# Young guy with a recently adopted Tabby.



## SlimKlim (Aug 15, 2011)

Hey Guys,

I'm a recent college grad that recently adopted a 5 year old spayed female ASH tabby named Bean. 

http://i.imgur.com/NLOZL.jpg

I've had pets ever since I was born. My first dog was a whippet named Newton that I got when I was 3, and spent most of my childhood with. We had an average of 3 dogs and 3-4 cats my whole life. When I left for school we had two boxers named Barkley and Demi (Demi was/is mine). And a pudgy tuxedo named Socks (also mine, got her when I was 8, best cat ever), another outdoorsy tuxedo named Chessey, and a socially challenged white cat named Abby. 

Socks is the reason I wanted to get my own cat.

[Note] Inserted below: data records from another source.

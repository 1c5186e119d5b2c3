-- ===== src/Base/Text.antt =====
-- Text: the operations of Go's package strings that the program calls, over native strings.
use Prim.Native.Char.{code}
use Prim.Native.String
use Prim.Native.String.{String, [], ◌∷◌}
use mathlib.Core.Path.{◌≡◌, refl, sym, ◌∙◌, ap₂}
use mathlib.Core.Logic.{◌⊎◌, inl, inr}
use mathlib.Core.Bool.{Bool, true, false}
use mathlib.Core.Option.{Option, none, some}
use mathlib.Core.List.{List}
use native.Mathlib.Omega.{arith}
use text.Mathlib.Text.{◌==◌}
use text.Mathlib.TextEquality.{Char-path}
use text.Mathlib.TextLemmas.{nil-append, cons-append}
use package.cluster_gateway.Base.Tests.{if◌then◌else◌, nat_eq, Bool-cases, Option-cases}

infixr 65 ◌⧺◌
abbrev pub ◌⧺◌ : String → String → String
s ⧺ t = String.◌++◌ s t

abbrev pub str_eq : String → String → Bool
str_eq s t = s == t

-- The text behind a prefix, if the text has it.
pub after : String → String → Option String
after s [] = some s
after [] (c ∷ p) = none
after (d ∷ s) (c ∷ p) = let rest = after s p in if nat_eq (code d) (code c) then rest else none

-- `strings.HasPrefix(s, p)`
unfoldable pub has_prefix : String → String → Bool
has_prefix s p = elim (after s p) [ none ↦ false | some _ ↦ true ]

-- `strings.TrimPrefix(s, p)`
unfoldable pub trim_prefix : String → String → String
trim_prefix s p = elim (after s p) [ none ↦ s | some rest ↦ rest ]

-- `strings.TrimSuffix(s, "\n")`
unfoldable pub trim_newline : String → String
trim_newline [] = []
trim_newline (c ∷ s) =
    let rest = trim_newline s in
    if s == "" then (if nat_eq (code c) 10 then [] else c ∷ []) else c ∷ rest

-- `strings.Join(parts, sep)`
unfoldable pub join : String → List String → String
join sep List.[] = ""
join sep (List.◌∷◌ x List.[]) = x
join sep (List.◌∷◌ x (List.◌∷◌ y ys)) = x ⧺ sep ⧺ join sep (List.◌∷◌ y ys)

after-append : (p s : String) → after (p ⧺ s) p ≡ some s
unfolding after
after-append [] s = rw nil-append refl
after-append (c ∷ p) s = rw cons-append (ground (arith, after-append p s))

pub trim_prefix-append : (p s : String) → trim_prefix (p ⧺ s) p ≡ s
unfolding trim_prefix
trim_prefix-append p s = ground (arith, after-append p s)

pub has_prefix-append : (p s : String) → has_prefix (p ⧺ s) p ≡ true
unfolding has_prefix
has_prefix-append p s = ground (arith, after-append p s)

-- A text that has a prefix is the prefix and what stands behind it.
after-eq : (s p : String) {rest : String} → after s p ≡ some rest → s ≡ p ⧺ rest
unfolding after
after-eq s [] {rest} e = let same : s ≡ rest = cc e in same ∙ sym (nil-append rest)
after-eq [] (c ∷ p) e = cc
after-eq (d ∷ s) (c ∷ p) {rest} e = elim (Bool-cases (nat_eq (code d) (code c))) [
  | inl same ↦
      let tail : s ≡ p ⧺ rest = after-eq s p (rw same at e) in
      let head : d ≡ c = Char-path d c (ground arith) in rw cons-append (ap₂ ◌∷◌ head tail)
  | inr other ↦ cc (rw other at e)
]

-- With the prefix or without it.
pub trim_prefix-cases :
    (s p : String)
    → ((has_prefix s p ≡ true) × (s ≡ p ⧺ trim_prefix s p))
      ⊎ ((has_prefix s p ≡ false) × (trim_prefix s p ≡ s))
unfolding has_prefix trim_prefix
trim_prefix-cases s p = elim (Option-cases (after s p)) [
  | inl e ↦ inr (rw (e, has_prefix), rw (e, trim_prefix))
  | inr (rest, e) ↦ inl (rw (e, has_prefix), rw (e, trim_prefix) (after-eq s p e))
]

I knew that moving her from my parents at 13 years of age would be a very traumatic experience, and she lives a good life at my parents. So I figured I'd take in a cat that needed a home. Socks has been around for what feels like most of my life and she's quite a special animal. She can open cabinets, comes very close to turning on the faucet (which she loves to drink from), she's incredibly affectionate and has a 6th sense and knows you're sick before you do, and then will spend the whole week with you until she's mothered you back to good health.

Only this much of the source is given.